The name "Mountbatten-Windsor"

The column doesn’t yet have it quite right. The name “Mountbatten-Windsor” was declared to apply only to descendants (in the male line) of Elizabeth II who are distant enough that they no longer qualify to be called “His/Her Royal Highness”.

The reason for the change is that she is a woman, and, just as women change their names when they marry, so royal dynasties change when a queen regnant marries. There may be some technical question as to the surnames of the royal family, but George I through Victoria were of the House of Hanover, after which, through Victoria’s marriage to Albert, Edward VII and George V were House of Saxe-Coburg-Gotha. Then George officially changed both the surname and the house name to “Windsor” during WW1. At the same time, Prince Louis of Battenberg changed his name to “Mountbatten.”

So when Elizabeth married Prince Phillip, a descendant of Prince Louis, the House name would have changed to “House of Mountbatten” in the normal course. But Elizabeth felt that “Windsor” was a good name to stick with, and declared early in her reign that her descendants would continue to be known by that name. Later, because the Mountbatten family is also popular in Britain, she amended it to let her non-royal descendants use “Mountbatten-Windsor”.

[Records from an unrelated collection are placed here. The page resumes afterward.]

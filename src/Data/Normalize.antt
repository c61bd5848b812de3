-- ===== src/Data/Normalize.antt =====
-- contracts/execution_trace.py, `ExecutionTraceNormalizer`: the trace of an event from the raw data
-- of its stages.
--
-- A section or a key that the dictionary lacks is `none`; a key that is there holds a value of the
-- field's type.
use Prim.Native.String.{◌++◌ as concat}
use stocky_cognitive_runtime.Prelude.{
  ℕ, String, Bool, true, false, not, Option, none, some, List, [], str_eq, if◌then◌else◌,
}
use stocky_cognitive_runtime.Prelude.Int.{ℤ, pos}
use stocky_cognitive_runtime.Data.Float.{Float, zero_float}
use stocky_cognitive_runtime.Data.Json.{Json, obj, end}
use stocky_cognitive_runtime.Data.Trace.{ExecutionTrace}

pub record RawPreflight : Type 0 where
  pub valid : Option Bool
  pub reason : Option String
  pub rules : Option (List String)

pub record RawPolicy : Type 0 where
  pub verdict : Option String
  pub reason : Option String
  pub risk_level : Option String
  pub rule_triggered : Option String

pub record RawSandbox : Type 0 where
  pub status : Option String
  pub error : Option String
  pub capabilities : Option (List String)
  pub resource_usage : Option Json

pub record RawTiming : Type 0 where
  pub preflight : Option ℤ
  pub p4 : Option ℤ
  pub execution : Option ℤ
  pub total : Option ℤ

-- A section that is absent reads as one without keys.
pub record RawTrace : Type 0 where
  pub event_id : Option String
  pub session_id : Option String
  pub sequence_no : Option ℕ
  pub correlation_id : Option String
  pub risk_score : Option Float
  pub preflight : RawPreflight
  pub p4 : RawPolicy
  pub sandbox : RawSandbox
  pub timing : RawTiming

-- `d.get(key, default)`
abbrev pub get_or {ℓ} : {A : Type ℓ} → A → Option A → A
get_or default none = default
get_or default (some a) = a

abbrev derive_preflight : RawPreflight → String
derive_preflight p = if get_or true p.valid then "UNKNOWN" else "BLOCKED_BY_PREFLIGHT"

abbrev derive_policy : RawPolicy → String → String
derive_policy p otherwise =
    let verdict = get_or "" p.verdict in
    if not (str_eq verdict "") then concat "P4_" verdict else otherwise

abbrev pub derive_final_status : RawTrace → String
derive_final_status raw =
    if str_eq (get_or "" raw.sandbox.status) "FAILED"
    then "SANDBOX_FAILED"
    else derive_policy raw.p4 (derive_preflight raw.preflight)

abbrev pub normalize : RawTrace → ExecutionTrace
normalize raw = record {
  event_id = get_or "" raw.event_id;
  session_id = get_or "" raw.session_id;
  sequence_no = get_or 0 raw.sequence_no;
  correlation_id = get_or "" raw.correlation_id;
  preflight_valid = get_or false raw.preflight.valid;
  preflight_reason = raw.preflight.reason;
  preflight_rules_triggered = get_or [] raw.preflight.rules;
  risk_score = get_or zero_float raw.risk_score;
  p4_verdict = get_or "UNKNOWN" raw.p4.verdict;
  p4_reason = raw.p4.reason;
  p4_risk_level = raw.p4.risk_level;
  p4_rule_triggered = raw.p4.rule_triggered;
  execution_status = get_or "UNKNOWN" raw.sandbox.status;
  execution_error = raw.sandbox.error;
  capabilities_checked = get_or [] raw.sandbox.capabilities;
  resource_usage = get_or (obj end) raw.sandbox.resource_usage;
  preflight_time = get_or (pos 0) raw.timing.preflight;
  p4_time = get_or (pos 0) raw.timing.p4;
  execution_time = get_or (pos 0) raw.timing.execution;
  total_time = get_or (pos 0) raw.timing.total;
  final_status = derive_final_status raw;
}
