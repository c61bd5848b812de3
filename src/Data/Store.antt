-- ===== src/Data/Store.antt =====
-- contracts/execution_trace.py, `ExecutionTraceStore`: the last traces, and the searches in them.
use stocky_cognitive_runtime.Prelude.{
  ℕ, zero, suc, ◌+◌, ◌-◌, ◌≤◌, ◌<◌, ◌≡◌, refl, sym, ap, ◌∙◌, String, Option, none, some, List, [],
  ◌∷◌, ◌++◌, arith, length, drop, keep, length-append, length-drop, append_assoc, append-nil, ltb,
  str_eq, if◌then◌else◌, Bool-cases, inl, inr,
}
use stocky_cognitive_runtime.Prelude.Int.{ℤ, pos, negsuc}
use stocky_cognitive_runtime.Data.Trace.{ExecutionTrace}

pub record ExecutionTraceStore : Type 0 where
  pub traces : List ExecutionTrace
  pub max_size : ℕ

abbrev pub new_store : ℕ → ExecutionTraceStore
new_store max_size = record { traces = []; max_size = max_size }

-- `self._traces.pop(0)`
abbrev pub pop_oldest : List ExecutionTrace → List ExecutionTrace
pop_oldest [] = []
pop_oldest (t ∷ ts) = ts

unfoldable pub add : ExecutionTraceStore → ExecutionTrace → ExecutionTraceStore
add s t =
    let traces = s.traces ++ t ∷ [] in
    record s { traces = if ltb s.max_size (length traces) then pop_oldest traces else traces }

-- `by_correlation_id` and `by_event_id`: the first trace whose key has the value.
unfoldable pub first_by :
    (ExecutionTrace → String) → String → List ExecutionTrace → Option ExecutionTrace
first_by key text [] = none
first_by key text (t ∷ ts) =
    let rest = first_by key text ts in if str_eq (key t) text then some t else rest

abbrev pub by_correlation_id : ExecutionTraceStore → String → Option ExecutionTrace
by_correlation_id s id = first_by (λ t. t.correlation_id) id s.traces

abbrev pub by_event_id : ExecutionTraceStore → String → Option ExecutionTrace
by_event_id s id = first_by (λ t. t.event_id) id s.traces

abbrev pub by_final_status : ExecutionTraceStore → String → List ExecutionTrace
by_final_status s status = keep (λ t. str_eq t.final_status status) s.traces

-- `traces[-n:]`
abbrev pub recent : ExecutionTraceStore → ℤ → List ExecutionTrace
recent s (pos zero) = s.traces
recent s (pos (suc n)) = drop (length s.traces - suc n) s.traces
recent s (negsuc n) = drop (suc n) s.traces

abbrev pub clear : ExecutionTraceStore → ExecutionTraceStore
clear s = record s { traces = [] }

abbrev pub last : ℕ → List ExecutionTrace → List ExecutionTrace
last n ts = drop (length ts - n) ts

unfoldable pub add_all : ExecutionTraceStore → List ExecutionTrace → ExecutionTraceStore
add_all s [] = s
add_all s (t ∷ ts) = add_all (add s t) ts

drop-append_left :
    (n : ℕ) (xs ys : List ExecutionTrace) → n ≤ length xs → drop n (xs ++ ys) ≡ drop n xs ++ ys
drop-append_left zero xs ys h = refl
drop-append_left (suc n) [] ys h = absurd (omega arith)
drop-append_left (suc n) (x ∷ xs) ys h = drop-append_left n xs ys (omega arith)

pop_oldest-drop : (n : ℕ) (xs : List ExecutionTrace) → pop_oldest (drop n xs) ≡ drop (suc n) xs
pop_oldest-drop zero [] = refl
pop_oldest-drop zero (x ∷ xs) = refl
pop_oldest-drop (suc n) [] = refl
pop_oldest-drop (suc n) (x ∷ xs) = pop_oldest-drop n xs

drop_nil : (n : ℕ) → drop {A = ExecutionTrace} n [] ≡ []
drop_nil zero = refl
drop_nil (suc n) = refl

drop-drop : (m n : ℕ) (xs : List ExecutionTrace) → drop m (drop n xs) ≡ drop (n + m) xs
drop-drop m zero xs = ap (λ k. drop k xs) (omega arith)
drop-drop m (suc n) [] = drop_nil m ∙ sym (drop_nil (suc n + m))
drop-drop m (suc n) (x ∷ xs) =
    drop-drop m n xs ∙ ap (λ k. drop k (x ∷ xs)) {x = suc (n + m)} (omega arith)

module _ (max : ℕ) (history : List ExecutionTrace) where
  add-last :
      (s : ExecutionTraceStore) (t : ExecutionTrace)
      → s.max_size ≡ max
      → s.traces ≡ last max history
      → ((add s t).traces ≡ last max (history ++ t ∷ []))
  unfolding add
  add-last s t m h =
      let len = length-append history (t ∷ []) in
      let kept = length-append s.traces (t ∷ []) in
      let part = length-drop (length history - max) history in
      let same = ap length h in
      let joined =
        ap (λ ts. ts ++ t ∷ []) h
        ∙ sym (drop-append_left (length history - max) history (t ∷ []) (omega arith)) in
      elim (Bool-cases (ltb s.max_size (length (s.traces ++ t ∷ [])))) [
        | inl full ↦
            let many : max ≤ length history = ground (arith, kept, part, same, m) in
            rw full (
              ap pop_oldest joined
              ∙ pop_oldest-drop (length history - max) (history ++ t ∷ [])
              ∙ ap (λ n. drop n (history ++ t ∷ [])) {x = suc (length history - max)}
                  (omega (arith, len)))
        | inr fits ↦
            let few : length history < max = ground (arith, kept, part, same, m) in
            rw fits (joined ∙ ap (λ n. drop n (history ++ t ∷ [])) (omega (arith, len)))
      ]

add_all-last :
    (max : ℕ) (history ts : List ExecutionTrace) (s : ExecutionTraceStore)
    → s.max_size ≡ max
    → s.traces ≡ last max history
    → (add_all s ts).traces ≡ last max (history ++ ts)
unfolding add_all add
add_all-last max history [] s m h = h ∙ ap (last max) (sym (append-nil history))
add_all-last max history (t ∷ ts) s m h =
    add_all-last max (history ++ t ∷ []) ts (add s t) m (add-last max history s t m h)
    ∙ ap (last max) (append_assoc history (t ∷ []) ts)

-- A fresh store to which traces are added holds the last `max_size` of them, in their order, and
-- `recent` at a positive number of at most `max_size` reads that many of the last ones added.
pub recent-last :
    (max n : ℕ) (ts : List ExecutionTrace)
    → suc n ≤ max
    → ((add_all (new_store max) ts).traces ≡ last max ts)
      × (recent (add_all (new_store max) ts) (pos (suc n)) ≡ last (suc n) ts)
recent-last max n ts h =
    let all = add_all-last max [] ts (new_store max) refl (sym (drop_nil (0 - max))) in
    let part = length-drop (length ts - max) ts in
    (
      all,
      ap (λ xs. drop (length xs - suc n) xs) all
          ∙ drop-drop (length (last max ts) - suc n) (length ts - max) ts
          ∙ ap (λ k. drop k ts) (omega (arith, part)),
    )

So the present situation is that it’s “House of Windsor”, but the surname is “Mountbatten-Windsor”.

Link to today’s classic column What did Prince Andrew’s superiors in the Royal Navy call him?

Arrggghhhh! Mea maxima culpa!

Why? Your answer was correct, Cecil’s wasn’t. Some of her descendants will be Mountbatten-Windsor, but the royal descendants will be Windsors.

http://www.royal.gov.uk/output/Page3379.asp

Because he forgot to include the link to the column being commented on.

I don’t get why Cecil’s answer was wrong. As an example, he said Andrew’s grandchildren would use the name Mountbatten-Windsor. That’s not right?

He got the right final result, but the explanation was left out.

I casn confirm, from having seen it written as such on a class list at St Andrews University, that Prince William usis the name Windsor.
“William Windsor” being his sort of obvious/secret moniker for all things university.
(information not obtained stalker-ly, it was a class I was in too)

Prince Philip.

Sorry…that link is dead.

http://www.royal.gov.uk/output/page413.asp

And, of course, the ironic part of the whole thing is that Prince Philip is a Mountbatten only by adopting the surname when he became a British subject, and through the maternal line.

He himself, like a wide range of European royalty and nobility, including Queen Alexandra (mother of George V and hence ancestress to the Royal Family), is a Holstein-Schleswig-Sonderburg-Glucksburg, the Danish royal house, a prince of whom was named George I of Greece, from whom Philip traces his male line.